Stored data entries
*** Begin section ***

-- ===== src/Security/FirewallProbe/Examples.antt =====
-- The model of src/security/firewall_probe.cpp on a host with one port open and one filtered.
use slipnet.Prelude.{◌+◌, ◌≡◌, refl, List, [], ◌∷◌, map, Bytes, codes, if◌then◌else◌}
use slipnet.Prelude.Int.{ℤ, pos, negsuc, eq_int}
use slipnet.Platform.Firewall.{ProbeState, Probe}
use slipnet.Security.FirewallProbe.{analyze, observe}
use slipnet.Security.FirewallProbe.Report.{Counts, valid_ports, verdict, analyze-Counts}

-- Port 80 is open and any other is filtered.
abbrev probe : Probe
probe host port timeout = record {
  state = if eq_int port (pos 80) then ProbeState.is_open else ProbeState.is_filtered;
  port = port;
  latency_ms = pos 3;
  evidence = codes "probe";
}

abbrev host : Bytes
host = codes "10.0.0.9"

abbrev ports : List ℤ
ports = pos 80 ∷ pos 0 ∷ pos 81 ∷ negsuc 4 ∷ pos 65536 ∷ []

two_probed : valid_ports ports ≡ pos 80 ∷ pos 81 ∷ []
two_probed = refl

analyze-Counts_example :
    Counts (map (observe probe host) (valid_ports ports)) (analyze probe host ports)
    × ((analyze probe host ports).open_count
          + (analyze probe host ports).closed
          + (analyze probe host ports).filtered
          + (analyze probe host ports).unknown
        ≡ (analyze probe host ports).observed)
    × ((analyze probe host ports).conclusion
        ≡ verdict (map (observe probe host) (valid_ports ports)))
analyze-Counts_example = analyze-Counts probe host ports
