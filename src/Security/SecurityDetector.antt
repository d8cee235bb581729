-- ===== src/Security/SecurityDetector.antt =====
-- include/security/security_detector.hpp and src/security/security_detector.cpp: the alerts, the
-- checks in two groups, and `analyze`; then what is proved of them.
pub mod Alerts
pub mod Exposure
pub mod Context
pub mod Analyze
pub mod Growth
pub mod Sorting
pub mod Causes
pub mod Found
mod Examples
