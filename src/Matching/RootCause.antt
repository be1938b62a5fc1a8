-- ===== src/Matching/RootCause.antt =====
-- matching/root_cause.py: the escalated cases of a report by what they have in common. The sorting of
-- the clusters and of their ids is a parameter, with the laws that are relied on; the groups come in
-- the order of their first rows.
pub mod Partition
use close_control.Base.{
  ◌≡◌, ℕ, zero, suc, ◌+◌, String, Option, none, some, List, [], ◌∷◌, ◌++◌, map, Bool, true, false,
  not, ◌&&◌, ltb, str_eq, ◌==◌, length, contains, if◌then◌else◌,
}
use close_control.Base.Int.{ℤ, pos, ◌+ℤ◌}
use close_control.Matching.Exceptions.{ExceptionType, code, RiskClass, risk_rank}
use close_control.Matching.Report.{PaymentRow}

-- How often an id stands in a list, and a number added up over a list.
abbrev pub occurrences : String → List String → ℕ
occurrences id [] = 0
occurrences id (x ∷ xs) = (if str_eq id x then 1 else 0) + occurrences id xs

abbrev pub sum_over : {A : Type 0} → (A → ℕ) → List A → ℕ
sum_over f [] = 0
sum_over f (x ∷ xs) = f x + sum_over f xs

-- A row with its exception, which an escalated case has.
abbrev pub Case : Type 0
Case = ExceptionType × PaymentRow

abbrev pub case_of : Option ExceptionType → PaymentRow → List Case
case_of none row = []
case_of (some e) row = if row.auto_resolve_eligible then [] else (e, row) ∷ []

-- `final_exception_type.notna() & ~auto_resolve_eligible`
abbrev pub escalated : List PaymentRow → List Case
escalated [] = []
escalated (row ∷ report) = case_of row.final_exception_type row ++ escalated report

-- The three columns that are grouped by; `by_settlement` is the basis.
pub record ClusterKey : Type 0 where
  pub by_settlement : Bool
  pub key_part : String
  pub exception_type : ExceptionType

abbrev part_of : Option String → String → Bool × String
part_of none merchant_id = (false, merchant_id)
part_of (some settlement_id) merchant_id = (true, settlement_id)

abbrev pub key_of : Case → ClusterKey
key_of (e, row) =
    let (by_settlement, part) = part_of row.settlement_id row.merchant_id in
    record { by_settlement = by_settlement; key_part = part; exception_type = e }

abbrev same_basis : Bool → Bool → Bool
same_basis true b = b
same_basis false b = not b

abbrev pub same_key : ClusterKey → ClusterKey → Bool
same_key a b =
    same_basis a.by_settlement b.by_settlement
    && (str_eq a.key_part b.key_part && code a.exception_type == code b.exception_type)

abbrev pub Groups : Type 0
Groups = List (ClusterKey × List Case)

unfoldable pub add_case : ClusterKey → Case → Groups → Groups
add_case k c [] = (k, c ∷ []) ∷ []
add_case k c ((key, cases) ∷ groups) =
    let rest = add_case k c groups in
    if same_key key k then (key, cases ++ c ∷ []) ∷ groups else (key, cases) ∷ rest

-- `groupby(..., sort=False)`, with the groups of the rows before.
unfoldable pub group_cases : Groups → List Case → Groups
unfolding add_case
group_cases groups [] = groups
group_cases groups (c ∷ cases) = group_cases (add_case (key_of c) c groups) cases

abbrev worse_risk : RiskClass → RiskClass → RiskClass
worse_risk a b = if ltb (risk_rank a) (risk_rank b) then b else a

-- _worst_risk
abbrev pub worst_risk : List Case → RiskClass
worst_risk [] = RiskClass.none
worst_risk (c ∷ cases) = worse_risk c.1.risk_class (worst_risk cases)

-- _amount_at_risk
unfoldable pub amount_at_risk : List Case → ℤ
amount_at_risk [] = pos 0
amount_at_risk (c ∷ cases) = c.1.expected_net +ℤ amount_at_risk cases

pub record Cluster : Type 0 where
  pub key : ClusterKey
  pub merchant_id : String
  pub settlement_id : Option String
  pub case_count : ℕ
  pub risk_class : RiskClass
  pub amount_at_risk : ℤ
  pub transaction_ids : List String

-- `sort_values([...], ascending=False)` of the clusters, and `sorted` of ids.
pub record ClusterSorting : Type 0 where
  pub by_size : List Cluster → List Cluster
  pub by_size_keeps :
      (f : Cluster → ℕ) (clusters : List Cluster)
      → sum_over f (by_size clusters) ≡ sum_over f clusters
  pub sort_ids : List String → List String
  pub sort_ids_keeps :
      (id : String) (ids : List String) → occurrences id (sort_ids ids) ≡ occurrences id ids

abbrev pub ids_of : List Case → List String
ids_of = map (λ c. c.1.transaction_id)

abbrev first_merchant : List Case → String
first_merchant [] = ""
first_merchant (c ∷ cases) = c.1.merchant_id

unfoldable pub cluster_of : ClusterSorting → ClusterKey × List Case → Cluster
unfolding amount_at_risk
cluster_of sorting (key, cases) = record {
  key = key;
  merchant_id = first_merchant cases;
  settlement_id = if key.by_settlement then some key.key_part else none;
  case_count = length cases;
  risk_class = worst_risk cases;
  amount_at_risk = amount_at_risk cases;
  transaction_ids = sorting.sort_ids (ids_of cases);
}

-- cluster_escalated_cases(report), before its check and less the ids of the clusters.
unfoldable pub cluster_escalated_cases : ClusterSorting → List PaymentRow → List Cluster
unfolding group_cases cluster_of
cluster_escalated_cases sorting report =
    sorting.by_size (map (cluster_of sorting) (group_cases [] (escalated report)))

-- `[t for ids in clusters["transaction_ids"] for t in ids]`
abbrev pub clustered_ids : List Cluster → List String
clustered_ids [] = []
clustered_ids (c ∷ clusters) = c.transaction_ids ++ clustered_ids clusters
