-- ===== src/Matching/RootCause/Partition.antt =====
-- The clusters of matching/root_cause.py are a partition of the escalated cases.
use close_control.Base.{
  ◌≡◌, refl, sym, ap, ◌∙◌, ℕ, ◌+◌, String, List, [], ◌∷◌, ◌++◌, map, arith, length, str_eq,
  Bool-cases, inl, inr, if◌then◌else◌,
}
use close_control.Matching.Report.{PaymentRow}
use close_control.Matching.RootCause.{
  occurrences, sum_over, Case, escalated, ClusterKey, key_of, same_key, Groups, add_case,
  group_cases, Cluster, ClusterSorting, ids_of, cluster_of, cluster_escalated_cases, clustered_ids,
}

module _ (f : Case → ℕ) where
  sum_over-append : (xs ys : List Case) → sum_over f (xs ++ ys) ≡ sum_over f xs + sum_over f ys
  sum_over-append [] ys = omega arith
  sum_over-append (x ∷ xs) ys = omega (arith, sum_over-append xs ys)

  abbrev in_groups : Groups → ℕ
  in_groups = sum_over (λ g. sum_over f g.1)

  add_case-sum :
      (k : ClusterKey) (c : Case) (groups : Groups)
      → in_groups (add_case k c groups) ≡ f c + in_groups groups
  unfolding add_case
  add_case-sum k c [] = omega arith
  add_case-sum k c ((key, cases) ∷ groups) =
      let rest = add_case-sum k c groups in
      let here = sum_over-append cases (c ∷ []) in
      elim (Bool-cases (same_key key k)) [
        | inl e ↦ simp e (omega (arith, here))
        | inr e ↦ simp e (omega (arith, rest))
      ]

  group_cases-sum :
      (groups : Groups) (cases : List Case)
      → in_groups (group_cases groups cases) ≡ in_groups groups + sum_over f cases
  unfolding group_cases
  group_cases-sum groups [] = omega arith
  group_cases-sum groups (c ∷ cases) =
      let rest = group_cases-sum (add_case (key_of c) c groups) cases in
      let one = add_case-sum (key_of c) c groups in omega (arith, rest, one)

abbrev is_id : String → Case → ℕ
is_id id c = if str_eq id c.1.transaction_id then 1 else 0

occurrences-ids_of :
    (id : String) (cases : List Case) → occurrences id (ids_of cases) ≡ sum_over (is_id id) cases
occurrences-ids_of id [] = refl
occurrences-ids_of id (c ∷ cases) = ap (λ n. is_id id c + n) (occurrences-ids_of id cases)

occurrences-append :
    (id : String) (xs ys : List String)
    → occurrences id (xs ++ ys) ≡ occurrences id xs + occurrences id ys
occurrences-append id [] ys = omega arith
occurrences-append id (x ∷ xs) ys = omega (arith, occurrences-append id xs ys)

occurrences-clustered_ids :
    (id : String) (clusters : List Cluster)
    → occurrences id (clustered_ids clusters)
      ≡ sum_over (λ c. occurrences id c.transaction_ids) clusters
occurrences-clustered_ids id [] = refl
occurrences-clustered_ids id (c ∷ clusters) =
    let rest = occurrences-clustered_ids id clusters in
    let here = occurrences-append id c.transaction_ids (clustered_ids clusters) in
    omega (arith, here, rest)

clusters-sum :
    (sorting : ClusterSorting) (f : Cluster → ℕ) (g : Case → ℕ) (groups : Groups)
    → ((key : ClusterKey) (cases : List Case)
        → f (cluster_of sorting (key, cases)) ≡ sum_over g cases)
    → sum_over f (map (cluster_of sorting) groups) ≡ in_groups g groups
clusters-sum sorting f g [] h = refl
clusters-sum sorting f g ((key, cases) ∷ groups) h =
    let rest = clusters-sum sorting f g groups h in
    let here = h key cases in omega (arith, here, rest)

nothing_before : (n : ℕ) → 0 + n ≡ n
nothing_before n = omega arith

length-sum : (cases : List Case) → length cases ≡ sum_over (λ c. 1) cases
length-sum [] = refl
length-sum (c ∷ cases) = let rest = length-sum cases in omega (arith, rest)

-- Each id stands in the clusters as often as among the escalated cases, and the counts of the clusters
-- add up to the number of those.
pub cluster_escalated_cases-partition :
    (sorting : ClusterSorting) (report : List PaymentRow) (id : String)
    → (occurrences id (clustered_ids (cluster_escalated_cases sorting report))
        ≡ occurrences id (ids_of (escalated report)))
      × (sum_over (λ c. c.case_count) (cluster_escalated_cases sorting report)
          ≡ length (escalated report))
unfolding cluster_escalated_cases cluster_of
cluster_escalated_cases-partition sorting report id =
    let cases = escalated report in
    let groups = group_cases [] cases in
    let clusters = map (cluster_of sorting) groups in
    (
      occurrences-clustered_ids id (sorting.by_size clusters)
          ∙ sorting.by_size_keeps (λ c. occurrences id c.transaction_ids) clusters
          ∙ clusters-sum sorting (λ c. occurrences id c.transaction_ids) (is_id id) groups
              (λ key xs. sorting.sort_ids_keeps id (ids_of xs) ∙ occurrences-ids_of id xs)
          ∙ group_cases-sum (is_id id) [] cases
          ∙ nothing_before (sum_over (is_id id) cases)
          ∙ sym (occurrences-ids_of id cases),
      sorting.by_size_keeps (λ c. c.case_count) clusters
          ∙ clusters-sum sorting (λ c. c.case_count) (λ c. 1) groups (λ key xs. length-sum xs)
          ∙ group_cases-sum (λ c. 1) [] cases
          ∙ nothing_before (sum_over (λ c. 1) cases)
          ∙ sym (length-sum cases),
    )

*** End section ***

Starting at the line that has "abbrev pub sum_over" and ending at the line that has "worst_risk (c ∷", please write out the lines above exactly, leaving out all others.

Answer >>
abbrev pub sum_over : {A : Type 0} → (A → ℕ) → List A → ℕ
sum_over f [] = 0
sum_over f (x ∷ xs) = f x + sum_over f xs

-- A row with its exception, which an escalated case has.
abbrev pub Case : Type 0
Case = ExceptionType × PaymentRow

abbrev pub case_of : Option ExceptionType → PaymentRow → List Case
case_of none row = []
case_of (some e) row = if row.auto_resolve_eligible then [] else (e, row) ∷ []

-- `final_exception_type.notna() & ~auto_resolve_eligible`
abbrev pub escalated : List PaymentRow → List Case
escalated [] = []
escalated (row ∷ report) = case_of row.final_exception_type row ++ escalated report

-- The three columns that are grouped by; `by_settlement` is the basis.
pub record ClusterKey : Type 0 where
  pub by_settlement : Bool
  pub key_part : String
  pub exception_type : ExceptionType

abbrev part_of : Option String → String → Bool × String
part_of none merchant_id = (false, merchant_id)
part_of (some settlement_id) merchant_id = (true, settlement_id)

abbrev pub key_of : Case → ClusterKey
key_of (e, row) =
    let (by_settlement, part) = part_of row.settlement_id row.merchant_id in
    record { by_settlement = by_settlement; key_part = part; exception_type = e }

abbrev same_basis : Bool → Bool → Bool
same_basis true b = b
same_basis false b = not b

abbrev pub same_key : ClusterKey → ClusterKey → Bool
same_key a b =
    same_basis a.by_settlement b.by_settlement
    && (str_eq a.key_part b.key_part && code a.exception_type == code b.exception_type)

abbrev pub Groups : Type 0
Groups = List (ClusterKey × List Case)

unfoldable pub add_case : ClusterKey → Case → Groups → Groups
add_case k c [] = (k, c ∷ []) ∷ []
add_case k c ((key, cases) ∷ groups) =
    let rest = add_case k c groups in
    if same_key key k then (key, cases ++ c ∷ []) ∷ groups else (key, cases) ∷ rest

-- `groupby(..., sort=False)`, with the groups of the rows before.
unfoldable pub group_cases : Groups → List Case → Groups
unfolding add_case
group_cases groups [] = groups
group_cases groups (c ∷ cases) = group_cases (add_case (key_of c) c groups) cases

abbrev worse_risk : RiskClass → RiskClass → RiskClass
worse_risk a b = if ltb (risk_rank a) (risk_rank b) then b else a

-- _worst_risk
abbrev pub worst_risk : List Case → RiskClass
worst_risk [] = RiskClass.none
worst_risk (c ∷ cases) = worse_risk c.1.risk_class (worst_risk cases)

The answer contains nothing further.